- [Data excerpts]
+++

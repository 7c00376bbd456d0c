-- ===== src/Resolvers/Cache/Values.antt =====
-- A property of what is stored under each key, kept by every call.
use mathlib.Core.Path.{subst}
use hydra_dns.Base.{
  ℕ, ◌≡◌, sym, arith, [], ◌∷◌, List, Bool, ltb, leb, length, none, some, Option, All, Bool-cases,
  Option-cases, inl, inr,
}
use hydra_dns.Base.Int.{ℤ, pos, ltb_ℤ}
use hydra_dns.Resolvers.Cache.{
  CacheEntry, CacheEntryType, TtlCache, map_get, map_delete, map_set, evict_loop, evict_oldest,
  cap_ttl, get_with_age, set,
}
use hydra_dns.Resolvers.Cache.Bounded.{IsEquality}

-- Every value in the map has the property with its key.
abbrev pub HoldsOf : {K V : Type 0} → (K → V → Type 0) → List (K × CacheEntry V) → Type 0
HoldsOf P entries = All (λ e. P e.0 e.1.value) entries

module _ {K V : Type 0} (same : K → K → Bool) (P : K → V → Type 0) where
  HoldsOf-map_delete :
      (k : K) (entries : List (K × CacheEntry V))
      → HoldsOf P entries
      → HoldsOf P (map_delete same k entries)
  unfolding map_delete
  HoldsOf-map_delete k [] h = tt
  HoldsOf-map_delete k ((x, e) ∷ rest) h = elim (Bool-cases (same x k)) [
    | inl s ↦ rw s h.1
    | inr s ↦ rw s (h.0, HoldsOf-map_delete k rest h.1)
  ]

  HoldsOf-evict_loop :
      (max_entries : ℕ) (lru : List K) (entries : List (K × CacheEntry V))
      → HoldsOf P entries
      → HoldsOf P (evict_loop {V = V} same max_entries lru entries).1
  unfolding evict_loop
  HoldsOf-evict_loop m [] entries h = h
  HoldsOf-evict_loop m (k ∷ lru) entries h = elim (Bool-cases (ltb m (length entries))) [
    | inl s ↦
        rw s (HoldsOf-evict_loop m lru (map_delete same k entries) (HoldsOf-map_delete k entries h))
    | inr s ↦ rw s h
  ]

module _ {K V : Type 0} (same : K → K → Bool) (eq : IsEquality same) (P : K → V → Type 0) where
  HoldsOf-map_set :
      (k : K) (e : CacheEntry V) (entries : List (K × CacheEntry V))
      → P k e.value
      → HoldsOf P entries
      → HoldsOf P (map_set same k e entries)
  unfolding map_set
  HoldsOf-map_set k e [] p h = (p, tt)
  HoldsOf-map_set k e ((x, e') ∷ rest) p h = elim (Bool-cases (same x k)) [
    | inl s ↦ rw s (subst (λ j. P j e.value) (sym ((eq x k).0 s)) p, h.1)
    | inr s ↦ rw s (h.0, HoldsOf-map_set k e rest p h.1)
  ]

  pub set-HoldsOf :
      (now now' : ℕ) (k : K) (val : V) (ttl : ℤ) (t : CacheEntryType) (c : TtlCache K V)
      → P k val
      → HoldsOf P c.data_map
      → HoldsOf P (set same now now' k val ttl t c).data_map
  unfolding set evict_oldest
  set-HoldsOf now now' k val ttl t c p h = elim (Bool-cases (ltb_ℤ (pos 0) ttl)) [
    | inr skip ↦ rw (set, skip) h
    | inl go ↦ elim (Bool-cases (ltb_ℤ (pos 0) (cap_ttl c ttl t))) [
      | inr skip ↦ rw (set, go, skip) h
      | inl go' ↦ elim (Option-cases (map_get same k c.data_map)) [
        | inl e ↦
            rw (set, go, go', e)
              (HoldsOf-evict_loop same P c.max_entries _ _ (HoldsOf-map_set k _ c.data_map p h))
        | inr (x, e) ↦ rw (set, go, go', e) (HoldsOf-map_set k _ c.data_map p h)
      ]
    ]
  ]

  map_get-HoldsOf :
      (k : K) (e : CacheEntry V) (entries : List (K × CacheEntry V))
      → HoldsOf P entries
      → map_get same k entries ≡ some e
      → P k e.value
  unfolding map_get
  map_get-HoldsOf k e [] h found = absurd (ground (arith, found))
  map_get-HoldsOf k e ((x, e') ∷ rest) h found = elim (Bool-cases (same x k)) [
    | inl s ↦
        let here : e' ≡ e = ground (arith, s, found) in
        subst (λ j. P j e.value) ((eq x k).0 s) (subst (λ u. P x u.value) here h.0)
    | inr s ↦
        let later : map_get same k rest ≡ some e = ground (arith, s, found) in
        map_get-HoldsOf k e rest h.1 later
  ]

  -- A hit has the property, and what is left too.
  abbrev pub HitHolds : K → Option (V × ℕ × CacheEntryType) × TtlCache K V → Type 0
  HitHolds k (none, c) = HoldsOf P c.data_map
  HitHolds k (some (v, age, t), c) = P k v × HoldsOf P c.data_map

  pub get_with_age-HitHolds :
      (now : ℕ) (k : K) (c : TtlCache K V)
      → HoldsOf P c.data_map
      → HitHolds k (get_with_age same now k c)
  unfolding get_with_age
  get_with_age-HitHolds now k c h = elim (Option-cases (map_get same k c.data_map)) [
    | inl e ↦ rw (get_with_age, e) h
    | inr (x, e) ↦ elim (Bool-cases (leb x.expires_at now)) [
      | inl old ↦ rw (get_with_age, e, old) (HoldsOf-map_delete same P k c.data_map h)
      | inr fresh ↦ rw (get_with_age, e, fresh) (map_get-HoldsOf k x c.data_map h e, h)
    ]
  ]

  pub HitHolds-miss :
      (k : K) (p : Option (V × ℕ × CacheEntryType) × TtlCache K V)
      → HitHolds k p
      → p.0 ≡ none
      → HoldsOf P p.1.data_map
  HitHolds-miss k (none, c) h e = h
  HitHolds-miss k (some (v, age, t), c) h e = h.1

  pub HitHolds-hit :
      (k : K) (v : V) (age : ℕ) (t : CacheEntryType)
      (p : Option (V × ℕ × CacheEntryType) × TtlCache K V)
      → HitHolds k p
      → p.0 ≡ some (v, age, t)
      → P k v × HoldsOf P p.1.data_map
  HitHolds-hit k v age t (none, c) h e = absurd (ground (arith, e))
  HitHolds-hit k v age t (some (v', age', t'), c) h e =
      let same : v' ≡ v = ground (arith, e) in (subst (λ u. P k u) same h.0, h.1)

+++

- [To do]
Check the records above and copy each line that has the string "abbrev".

- [Solved problem]
abbrev pub HoldsOf : {K V : Type 0} → (K → V → Type 0) → List (K × CacheEntry V) → Type 0
  abbrev pub HitHolds : K → Option (V × ℕ × CacheEntryType) × TtlCache K V → Type 0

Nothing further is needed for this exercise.